[What is expected] In the listing below, find the line containing "pub planned : List (EntryDecision F)" and the line containing "pub positions : Dict (Option (Position F))". Repeat exactly those two lines and every line between them.

[Exercise data]

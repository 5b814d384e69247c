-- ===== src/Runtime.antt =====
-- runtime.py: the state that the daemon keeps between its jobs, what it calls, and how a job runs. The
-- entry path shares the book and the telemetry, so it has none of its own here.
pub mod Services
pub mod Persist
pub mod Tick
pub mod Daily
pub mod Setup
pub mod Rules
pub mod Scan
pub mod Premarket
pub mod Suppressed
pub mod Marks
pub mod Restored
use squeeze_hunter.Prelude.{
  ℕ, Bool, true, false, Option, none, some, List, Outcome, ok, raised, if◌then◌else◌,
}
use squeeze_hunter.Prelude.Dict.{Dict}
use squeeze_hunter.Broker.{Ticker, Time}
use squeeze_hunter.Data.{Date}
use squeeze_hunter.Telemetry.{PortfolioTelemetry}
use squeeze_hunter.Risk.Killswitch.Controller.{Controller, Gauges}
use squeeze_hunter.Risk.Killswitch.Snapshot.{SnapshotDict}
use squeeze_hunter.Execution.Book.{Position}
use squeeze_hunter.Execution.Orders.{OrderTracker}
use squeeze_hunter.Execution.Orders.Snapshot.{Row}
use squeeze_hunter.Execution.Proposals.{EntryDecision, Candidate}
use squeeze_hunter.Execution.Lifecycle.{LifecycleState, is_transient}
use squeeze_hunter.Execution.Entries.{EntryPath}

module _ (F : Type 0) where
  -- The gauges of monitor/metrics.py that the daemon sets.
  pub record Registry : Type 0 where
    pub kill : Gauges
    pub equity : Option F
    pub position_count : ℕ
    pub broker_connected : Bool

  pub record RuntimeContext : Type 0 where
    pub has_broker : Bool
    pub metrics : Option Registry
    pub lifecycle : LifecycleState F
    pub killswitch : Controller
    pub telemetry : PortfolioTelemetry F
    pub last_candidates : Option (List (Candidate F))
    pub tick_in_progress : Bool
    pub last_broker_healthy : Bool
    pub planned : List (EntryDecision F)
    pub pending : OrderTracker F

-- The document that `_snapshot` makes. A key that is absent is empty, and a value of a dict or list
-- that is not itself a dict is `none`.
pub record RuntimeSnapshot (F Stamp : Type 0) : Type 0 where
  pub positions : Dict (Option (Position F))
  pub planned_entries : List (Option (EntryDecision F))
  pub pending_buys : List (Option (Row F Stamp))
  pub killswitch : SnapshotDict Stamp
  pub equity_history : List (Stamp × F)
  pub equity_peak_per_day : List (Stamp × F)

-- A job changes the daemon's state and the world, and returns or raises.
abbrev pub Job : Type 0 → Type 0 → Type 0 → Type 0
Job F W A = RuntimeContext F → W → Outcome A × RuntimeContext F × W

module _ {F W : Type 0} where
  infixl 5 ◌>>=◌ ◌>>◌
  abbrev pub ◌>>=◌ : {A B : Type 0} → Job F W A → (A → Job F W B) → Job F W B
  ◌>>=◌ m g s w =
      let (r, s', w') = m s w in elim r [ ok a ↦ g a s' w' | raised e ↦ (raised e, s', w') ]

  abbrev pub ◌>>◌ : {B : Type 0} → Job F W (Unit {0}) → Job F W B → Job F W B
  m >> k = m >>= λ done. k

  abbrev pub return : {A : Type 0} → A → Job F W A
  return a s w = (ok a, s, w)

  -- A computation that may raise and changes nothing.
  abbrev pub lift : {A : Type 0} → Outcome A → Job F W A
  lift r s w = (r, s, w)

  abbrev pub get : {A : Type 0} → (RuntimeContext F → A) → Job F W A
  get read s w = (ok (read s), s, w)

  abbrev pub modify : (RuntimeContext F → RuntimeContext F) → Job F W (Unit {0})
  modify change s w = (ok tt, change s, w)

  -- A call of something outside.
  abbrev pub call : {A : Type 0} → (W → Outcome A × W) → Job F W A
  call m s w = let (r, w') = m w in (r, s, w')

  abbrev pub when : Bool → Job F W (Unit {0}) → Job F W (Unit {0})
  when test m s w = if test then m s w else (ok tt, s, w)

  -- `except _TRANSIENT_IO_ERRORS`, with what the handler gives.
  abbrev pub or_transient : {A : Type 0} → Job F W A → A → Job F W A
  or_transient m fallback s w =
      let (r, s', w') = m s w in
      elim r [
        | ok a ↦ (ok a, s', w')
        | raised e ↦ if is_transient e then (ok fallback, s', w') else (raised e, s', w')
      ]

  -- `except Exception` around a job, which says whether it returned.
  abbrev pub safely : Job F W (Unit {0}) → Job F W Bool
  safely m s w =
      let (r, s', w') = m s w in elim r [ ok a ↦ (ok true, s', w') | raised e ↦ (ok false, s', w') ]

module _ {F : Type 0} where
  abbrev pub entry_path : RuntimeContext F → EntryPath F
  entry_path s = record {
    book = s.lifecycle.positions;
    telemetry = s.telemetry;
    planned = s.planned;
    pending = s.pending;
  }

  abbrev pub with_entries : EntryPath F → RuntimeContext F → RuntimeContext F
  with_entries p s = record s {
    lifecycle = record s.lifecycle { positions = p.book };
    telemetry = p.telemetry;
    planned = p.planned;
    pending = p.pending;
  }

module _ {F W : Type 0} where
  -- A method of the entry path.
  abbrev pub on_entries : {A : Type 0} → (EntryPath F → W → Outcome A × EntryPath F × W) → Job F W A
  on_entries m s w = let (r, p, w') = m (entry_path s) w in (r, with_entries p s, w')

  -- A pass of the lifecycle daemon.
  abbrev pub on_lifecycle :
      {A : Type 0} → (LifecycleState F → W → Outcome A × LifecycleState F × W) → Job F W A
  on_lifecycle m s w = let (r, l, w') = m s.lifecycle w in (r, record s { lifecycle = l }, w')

[Answer section]
    pub planned : List (EntryDecision F)
    pub pending : OrderTracker F

-- The document that `_snapshot` makes. A key that is absent is empty, and a value of a dict or list
-- that is not itself a dict is `none`.
pub record RuntimeSnapshot (F Stamp : Type 0) : Type 0 where
  pub positions : Dict (Option (Position F))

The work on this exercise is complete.